At Sishodia PLLC, Manhattan real estate attorney Natalia Sishodia helps first-time buyers understand each step of the buying process. Whether you are purchasing a co-op, condo, or townhouse, having an attorney review your contract, coordinate with your lender, and represent you at closing can prevent costly mistakes and protect your investment.

This guide explains what closing costs to expect, how the “on or about” closing date works, what happens during co-op and condo closings, why home inspections matter, and how first-time buyer assistance programs like HomeFirst and the State of New York Mortgage Agency (SONYMA) can reduce your upfront costs. Call Sishodia PLLC at (833) 616-4646 to speak with Natalia Sishodia about your first home purchase.

What Closing Costs Should First-Time Buyers Expect?

Closing costs can add tens of thousands of dollars to the purchase price, and many first-time buyers are surprised by the total. The net amount available at closing is not the same as the loan amount because lenders deduct fees before disbursing funds.

For standard resale transactions, buyers typically pay lender-related fees, such as lender’s counsel fees, appraisal fees, escrow fees, and, in condo or townhouse transactions, title-related charges.

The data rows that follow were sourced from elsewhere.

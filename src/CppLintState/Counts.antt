-- ===== src/CppLintState/Counts.antt =====
-- The counts of errors.
use cs.Base.{
  ℕ, suc, ◌+◌, ◌≡◌, ap, ◌∙◌, refl, true, List, [], ◌∷◌, map, Text, text_eq, ◌==◌, arith, length,
  lookup_or, lookup_or-update, if◌then◌else◌,
}
use cs.CppLintState.{
  CppLintState, increment_error_count, reset_error_counts, is_counting, count_key,
}

-- The errors of these categories are reported, in turn.
unfoldable pub increment_all : List Text → CppLintState → CppLintState
increment_all [] s = s
increment_all (c ∷ cs) s = increment_all cs (increment_error_count c s)

abbrev pub occurrences : Text → List Text → ℕ
occurrences c [] = 0
occurrences c (d ∷ ds) = (if d == c then 1 else 0) + occurrences c ds

abbrev pub counts : CppLintState → Text → ℕ
counts s c = lookup_or 0 c s.errors_by_category

increment_counting :
    (c : Text) (s : CppLintState) → (increment_error_count c s).counting ≡ s.counting
unfolding increment_error_count
increment_counting c s = refl

counts-increment :
    (c d : Text) (s : CppLintState) (style : Text)
    → s.counting ≡ style
    → is_counting style ≡ true
    → counts (increment_error_count d s) c ≡ (if count_key style d == c then 1 else 0) + counts s c
unfolding increment_error_count
counts-increment c d s style e h = ground (
  arith,
  ap is_counting e,
  ap (λ t. count_key t d) e,
  lookup_or-update 0 (count_key s.counting d) c suc s.errors_by_category,
)

counts-increment_all :
    (cs : List Text) (s : CppLintState) (c style : Text)
    → s.counting ≡ style
    → is_counting style ≡ true
    → counts (increment_all cs s) c ≡ occurrences c (map (count_key style) cs) + counts s c
unfolding increment_all
counts-increment_all [] s c style e h = omega arith
counts-increment_all (d ∷ cs) s c style e h =
    let ih =
      counts-increment_all cs (increment_error_count d s) c style (increment_counting d s ∙ e) h in
    omega (arith, ih, counts-increment c d s style e h)

error_count-increment_all :
    (cs : List Text) (s : CppLintState)
    → (increment_all cs s).error_count ≡ length cs + s.error_count
unfolding increment_all increment_error_count
error_count-increment_all [] s = omega arith
error_count-increment_all (d ∷ cs) s =
    omega (arith, error_count-increment_all cs (increment_error_count d s))

-- After a reset, with a counting style by category, the errors reported are counted exactly: each
-- category (its part before the slash in the top-level style) as often as it was reported, and the
-- total is the number of reports.
pub increment_all-counts :
    (cs : List Text) (s : CppLintState)
    → is_counting s.counting ≡ true
    → let r = increment_all cs (reset_error_counts s) in
      ((c : Text) → counts r c ≡ occurrences c (map (count_key s.counting) cs))
      × (r.error_count ≡ length cs)
unfolding reset_error_counts lookup_or
increment_all-counts cs s h =
    let fresh = reset_error_counts s in
    (
      (λ c. omega (arith, counts-increment_all cs fresh c s.counting refl h)),
      omega (arith, error_count-increment_all cs fresh),
    )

Buyers financing a qualifying residential purchase in New York City generally also pay the mortgage recording tax. For qualifying residential mortgages, the NYC rate is 1.8% for homes priced under $500,000 and 1.925% for those priced $500,000 or more.

When purchasing from a sponsor or developer, costs can increase further. Depending on the contract, buyers may be responsible for transfer taxes, the sponsor’s legal fees, a working capital fund contribution, and other building-related charges. In New York, the buyer also pays the state mansion tax on residential purchases of $1 million or more, starting at 1% of the purchase price. In New York City, residential purchases of $2 million or more may also trigger an additional supplemental transfer tax.

Closing Costs by Property Type

One important distinction is that co-op purchases do not require a mortgage recording tax because co-op buyers purchase shares in a corporation rather than real property. Condo and townhouse buyers, however, must budget for this tax on top of their other closing expenses.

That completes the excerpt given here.